Çetin Ünsalan – Deprem…  

Geleneksel ‘sesimi duyan var mı’ günlerimizi geride bıraktık. Televizyon kanallarından, gazetelerde, aklınıza gelen her yerde, hatta vatandaş sohbetlerinde, sosyal medyada 17 Ağustos 1999 yılında yaşanan deprem hatırlandı. Kayıplar anıldı; yapılması gerekenler sıralandı ve saatler 18 Ağustos’a döndüğü anda da unutuldu.

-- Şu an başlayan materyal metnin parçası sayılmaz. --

-- ===== src/Lqm/Refresh.antt =====
-- internal/services/lqm/lqm.go, `remoteRefresh` and `refreshTracker`. What a node answers is an
-- argument; the entries of its map of trackers come in the order in which the code ranges over
-- them.
use mesh_manager.Common.{
  ℕ, ◌+◌, ◌*◌, ◌/◌, Bool, true, false, not, ◌&&◌, ◌||◌, List, [], ◌∷◌, Option, none, some, Bytes,
  equal, ltb, ◌==◌, if◌then◌else◌, ℤ, pos, to_lower,
}
use mesh_manager.Net.{Ip}
use mesh_manager.Lqm.{Floats, DeviceType, dtd, wireguard, Tracker, Remote}
use mesh_manager.Lqm.Names.{NetLink, canonical_hostname, mesh_ip, derive_wireguard_peer_ip}
use mesh_manager.Lqm.Ping.{second}

-- A tracker is due if it was never refreshed or its time is past. `now` is in nanoseconds.
module _ (F : Type 0) where
  abbrev pub is_due : ℕ → Tracker F → Bool
  is_due now t = t.refresh == 0 || ltb (t.refresh * second) now

  -- The time of a refresh that fails: five minutes later.
  abbrev pub marked : ℕ → Tracker F → Tracker F
  marked now t = record t { refresh = (now + 300 * second) / second }

  -- The trackers after the loop, and those to refresh.
  unfoldable pub mark_due : ℕ → List (Bytes × Tracker F) → List (Bytes × Tracker F)
  mark_due now [] = []
  mark_due now ((mac, t) ∷ ts) = (mac, if is_due now t then marked now t else t) ∷ mark_due now ts

  unfoldable pub due_keys : ℕ → List (Bytes × Tracker F) → List Bytes
  due_keys now [] = []
  due_keys now ((mac, t) ∷ ts) = if is_due now t then mac ∷ due_keys now ts else due_keys now ts

-- A value of JSON, as far as the code looks.
pub data Json (F : Type 0) : Type 0 where
  number : F → Json F
  text : Bytes → Json F
  other : Json F

-- An entry of the node's trackers, if it is an object.
pub record RemoteEntry (F : Type 0) : Type 0 where
  pub hostname : Json F
  pub ping_success_time : Json F
  pub ping_quality : Json F
  pub quality : Json F

pub record Interface : Type 0 where
  pub mac : Bytes
  pub ip : Bytes

-- `SysinfoResponse`; its trackers are none unless they are an object.
pub record Sysinfo (F : Type 0) : Type 0 where
  pub node : Bytes
  pub lat : Json F
  pub lon : Json F
  pub model : Bytes
  pub firmware_version : Bytes
  pub interfaces : List Interface
  pub trackers : Option (List (Option (RemoteEntry F)))

pub data Answer (F : Type 0) : Type 0 where
  -- The request cannot be made, fails, or is answered with what cannot be decoded.
  no_request failed malformed : Answer F
  answered : Sysinfo F → Answer F

module _ (fl : Floats) where
  open fl use {
    Float, ratio, plus, minus, times, over, less, is_zero, to_int, parse_float, cos_degrees, root,
    atan2,
  }

  abbrev pub float_or_zero : Option Float → Float
  float_or_zero none = ratio 0 1
  float_or_zero (some x) = x

  abbrev pub coordinate : Json Float → Float
  coordinate (number x) = x
  coordinate (text s) = float_or_zero (parse_float s)
  coordinate other = ratio 0 1

  abbrev pub haversine : Float → Float → Float → Float → Float
  haversine lat1 lon1 lat2 lon2 =
      plus (minus (ratio 1 2) (over (cos_degrees (minus lat2 lat1)) (ratio 2 1))) (
        over
          (times (times (cos_degrees lat1) (cos_degrees lat2))
            (minus (ratio 1 1) (cos_degrees (minus lon2 lon1))))
          (ratio 2 1))

  abbrev pub calc_distance : Float → Float → Float → Float → Float
  calc_distance lat1 lon1 lat2 lon2 =
      let v = haversine lat1 lon1 lat2 lon2 in
      times (ratio 12742000 1) (atan2 (root v) (root (minus (ratio 1 1) v)))

  abbrev pub is_dtd : DeviceType → Bool
  is_dtd dtd = true
  is_dtd wireguard = false

  abbrev pub placed : Float → Tracker Float → Tracker Float
  placed distance t = record t {
    remote = record t.remote {
      distance = distance;
      local_area = is_dtd t.kind && less distance (ratio 50 1);
    };
  }

  -- The distance and whether the node is near, if both places are known.
  abbrev pub with_distance : Float → Float → Tracker Float → Tracker Float
  with_distance my_lat my_lon t =
      if not (is_zero my_lat)
        && not (is_zero my_lon)
        && (not (is_zero t.remote.lat) && not (is_zero t.remote.lon))
      then placed (calc_distance my_lat my_lon t.remote.lat t.remote.lon) t
      else t

  -- The IP of the interface with the tracker's hardware address.
  unfoldable pub interface_ip : Bytes → List Interface → Option Bytes
  interface_ip mac [] = none
  interface_ip mac (i ∷ is) =
      if equal (to_lower i.mac) (to_lower mac) && not (equal i.ip [])
      then some i.ip
      else interface_ip mac is

  abbrev pub ip_or : Bytes → Option Bytes → Bytes
  ip_or old none = old
  ip_or old (some ip) = ip

  abbrev pub ip_of : Option (List NetLink) → DeviceType → List Interface → Tracker Float → Bytes
  ip_of links wireguard interfaces t =
      if equal t.ip [] then derive_wireguard_peer_ip links t.device else t.ip
  ip_of links dtd interfaces t = ip_or t.ip (interface_ip t.mac interfaces)

  abbrev pub number_or : Float → Json Float → Float
  number_or old (number x) = x
  number_or old _ = old

  abbrev pub int_or : ℤ → Json Float → ℤ
  int_or old (number x) = to_int x
  int_or old _ = old

  abbrev pub text_or_empty : Json Float → Bytes
  text_or_empty (text s) = s
  text_or_empty _ = []

  -- What the entry of this node says.
  abbrev pub reversed : RemoteEntry Float → Remote Float → Remote Float
  reversed e r = record r {
    rev_ping_success_time = number_or r.rev_ping_success_time e.ping_success_time;
    rev_ping_quality = int_or r.rev_ping_quality e.ping_quality;
    rev_quality = int_or r.rev_quality e.quality;
  }

  -- The loop over the node's trackers ends at the first that names this node.
  unfoldable pub reverse_stats :
      Bytes → List (Option (RemoteEntry Float)) → Remote Float → Remote Float
  reverse_stats me [] r = r
  reverse_stats me (none ∷ es) r = reverse_stats me es r
  reverse_stats me (some e ∷ es) r =
      if equal me (canonical_hostname (text_or_empty e.hostname))
      then reversed e r
      else reverse_stats me es r

  abbrev pub reverse_of :
      Bytes → Option (List (Option (RemoteEntry Float))) → Remote Float → Remote Float
  reverse_of me none r = r
  reverse_of me (some es) r = reverse_stats me es r

  abbrev pub forgotten : Remote Float → Remote Float
  forgotten r = record r {
    rev_ping_success_time = ratio 0 1;
    rev_ping_quality = pos 0;
    rev_quality = pos 0;
  }

  module _ (links : Option (List NetLink)) (lookup : Bytes → Option (List Ip))
      (my_lat my_lon : Float) (server_name : Bytes) where
    abbrev pub identified : Sysinfo Float → ℕ → Tracker Float → Tracker Float
    identified info now t = record t {
      ip = ip_of links t.kind info.interfaces t;
      remote = record t.remote {
        rev_last_seen = now / second;
        lat = coordinate info.lat;
        lon = coordinate info.lon;
        hostname = canonical_hostname info.node;
        canonical_ip = mesh_ip (lookup (canonical_hostname info.node));
      };
    }

    -- The last part: the node's model, and its view of this node.
    abbrev pub described : Sysinfo Float → Tracker Float → Tracker Float
    described info t = record t {
      remote =
          reverse_of (canonical_hostname server_name) info.trackers
            (record t.remote { model = info.model; firmware_version = info.firmware_version });
    }

    -- The next refresh is in 12 minutes and the jitter, which is in nanoseconds.
    unfoldable pub refreshed : ℕ → ℕ → Sysinfo Float → Tracker Float → Tracker Float
    refreshed now jitter info t =
        record (described info (with_distance my_lat my_lon (identified info now t))) {
          refresh = (now + (720 * second + jitter)) / second;
        }

    -- `refreshTracker`.
    abbrev pub after_answer : ℕ → ℕ → Answer Float → Tracker Float → Tracker Float
    after_answer now jitter no_request t = t
    after_answer now jitter failed t = record t { remote = forgotten t.remote }
    after_answer now jitter malformed t = t
    after_answer now jitter (answered info) t = refreshed now jitter info t

    unfoldable pub refresh_tracker : ℕ → ℕ → Answer Float → Tracker Float → Tracker Float
    refresh_tracker now jitter answer t =
        if equal t.ipv6ll [] then t else after_answer now jitter answer t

Yıllık anma ama hiçbir şey yapmama faaliyetimizi, 17. yılında da itinayla yerine getirdik. Bu arada ölen öldüğüyle kalırken, o tarihten beri cebimize uzanan elin topladığı paraların ne olduğu konusunda yine fikir sahibi olamadık.

Daha da kötüsü, hiçbir hazırlık yapmamış olmamızı eleştirirken, bir gün sonrasında 17 Ağustos 2017’ye kadar görevimizi tamamlamış olmanın huzuru içerisinde başka gündemlerimize döndük.

Eğer bir yerde deprem arıyorsunuz; tam da burada yanıtını bulmalısınız. Soma yaşandı yer gök inledi, deprem oldu ve sonrasında hiçbir şey olmamış gibi davranıldı. Ülkede tüm gün boyunca elektrikler kesildi; herkes gerekli eleştiri dozunu sergiledikten sonra, nedeni ortaya çıkarılamadı.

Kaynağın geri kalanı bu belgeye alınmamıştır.